[Records drawn from a dataset]

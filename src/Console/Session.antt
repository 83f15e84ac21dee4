-- ===== src/Console/Session.antt =====
-- Keys and reads of console.c in any order, against the editor of lines.
use xv6_fork.Prelude.{ℕ, ◌≤◌, ◌≡◌, refl, ap, Bool, false, List, [], ◌∷◌}
use mathlib.Core.Path.{ap₂}
use xv6_fork.Console.{Input, Event, ReadOutcome, consoleintr, read_from}
use xv6_fork.Console.Ring.{initial-Shows}
use xv6_fork.Console.Editor.{Editor, Holds, empty-plain}
use xv6_fork.Console.Keys.{AllBytes, spec_intr, intr_from-Agrees}
use xv6_fork.Console.Reads.{spec_read, read_from-ReadsAs}

-- consoleintr with what getc returns, and a run of consoleread with `left` bytes left of `target`;
-- the two differ where it runs again behind a sleep.
pub data Op : Type 0 where
  keys : List ℕ → Op
  read : (target : ℕ) → (killed : Bool) → (left : ℕ) → Op

pub data Reply : Type 0 where
  of_keys : List Event → Reply
  of_read : List ℕ → ReadOutcome → Reply

pub step : Input → Op → Input × Reply
step s (keys cs) = let r = consoleintr cs s in (r.0, of_keys r.1)
step s (read target killed left) = let r = read_from target killed left s in (r.0, of_read r.1 r.2)

pub spec_step : Editor → Op → Editor × Reply
spec_step d (keys cs) = let r = spec_intr false cs d in (r.0, of_keys r.1)
spec_step d (read target killed left) =
    let r = spec_read target killed left d.ready in (record d { ready = r.0 }, of_read r.1 r.2)

pub run : Input → List Op → List Reply
run s [] = []
run s (o ∷ os) = let r = step s o in r.1 ∷ run r.0 os

pub spec_run : Editor → List Op → List Reply
spec_run d [] = []
spec_run d (o ∷ os) = let r = spec_step d o in r.1 ∷ spec_run r.0 os

-- What getc returns is a byte.
unfoldable pub ByteOps : List Op → Type 0
ByteOps [] = (0 ≤ 0)
ByteOps (keys cs ∷ os) = AllBytes cs × ByteOps os
ByteOps (read target killed left ∷ os) = ByteOps os

step-Holds :
    (s : Input) (d : Editor) (o : Op) (os : List Op)
    → Holds s d
    → ByteOps (o ∷ os)
    → Holds (step s o).0 (spec_step d o).0 × ((step s o).1 ≡ (spec_step d o).1) × ByteOps os
unfolding step spec_step ByteOps consoleintr
step-Holds s d (keys cs) os h (bytes, more) =
    let a = intr_from-Agrees false cs s d bytes h in (a.holds, ap of_keys a.events, more)
step-Holds s d (read target killed left) os h more =
    let a = read_from-ReadsAs left target killed s d.ready d.line h.shows in
    (record { shows = a.shows; plain = h.plain }, ap₂ of_read a.bytes a.ended, more)

run-Holds :
    (os : List Op) (s : Input) (d : Editor) → Holds s d → ByteOps os → run s os ≡ spec_run d os
unfolding run spec_run
run-Holds [] s d h bytes = refl
run-Holds (o ∷ os) s d h bytes =
    let r = step-Holds s d o os h bytes in
    ap₂ ◌∷◌ r.1 (run-Holds os (step s o).0 (spec_step d o).0 r.0 r.2)

-- From the empty ring, whatever bytes its storage has, and whatever bytes getc returns to consoleintr
-- and whatever runs of consoleread come in between, what both do and return is what an editor of
-- lines does, that keeps the characters that can be read in one queue and the line that is typed in
-- another: C('U') erases the whole line and nothing else, a backspace its last character, and a line
-- can be read once it ends at a newline or an end of file, or the 128 bytes are used up.
pub run-refines :
    (os : List Op) (b : ℕ → ℕ)
    → ByteOps os
    → run (record { buf = b; r = 0; w = 0; e = 0 }) os
      ≡ spec_run (record { ready = []; line = [] }) os
run-refines os b bytes =
    run-Holds os _ _ (record { shows = initial-Shows b; plain = empty-plain }) bytes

- **WORK ITEM**
Reproduce exactly the entries above, limited to the lines from the one with "run s (o ∷ os)" through the one with "-- another: C('U')", both included.

- **FINISHED TASK**
run s (o ∷ os) = let r = step s o in r.1 ∷ run r.0 os

pub spec_run : Editor → List Op → List Reply
spec_run d [] = []
spec_run d (o ∷ os) = let r = spec_step d o in r.1 ∷ spec_run r.0 os

-- What getc returns is a byte.
unfoldable pub ByteOps : List Op → Type 0
ByteOps [] = (0 ≤ 0)
ByteOps (keys cs ∷ os) = AllBytes cs × ByteOps os
ByteOps (read target killed left ∷ os) = ByteOps os

step-Holds :
    (s : Input) (d : Editor) (o : Op) (os : List Op)
    → Holds s d
    → ByteOps (o ∷ os)
    → Holds (step s o).0 (spec_step d o).0 × ((step s o).1 ≡ (spec_step d o).1) × ByteOps os
unfolding step spec_step ByteOps consoleintr
step-Holds s d (keys cs) os h (bytes, more) =
    let a = intr_from-Agrees false cs s d bytes h in (a.holds, ap of_keys a.events, more)
step-Holds s d (read target killed left) os h more =
    let a = read_from-ReadsAs left target killed s d.ready d.line h.shows in
    (record { shows = a.shows; plain = h.plain }, ap₂ of_read a.bytes a.ended, more)

run-Holds :
    (os : List Op) (s : Input) (d : Editor) → Holds s d → ByteOps os → run s os ≡ spec_run d os
unfolding run spec_run
run-Holds [] s d h bytes = refl
run-Holds (o ∷ os) s d h bytes =
    let r = step-Holds s d o os h bytes in
    ap₂ ◌∷◌ r.1 (run-Holds os (step s o).0 (spec_step d o).0 r.0 r.2)

-- From the empty ring, whatever bytes its storage has, and whatever bytes getc returns to consoleintr
-- and whatever runs of consoleread come in between, what both do and return is what an editor of
-- lines does, that keeps the characters that can be read in one queue and the line that is typed in
-- another: C('U') erases the whole line and nothing else, a backspace its last character, and a line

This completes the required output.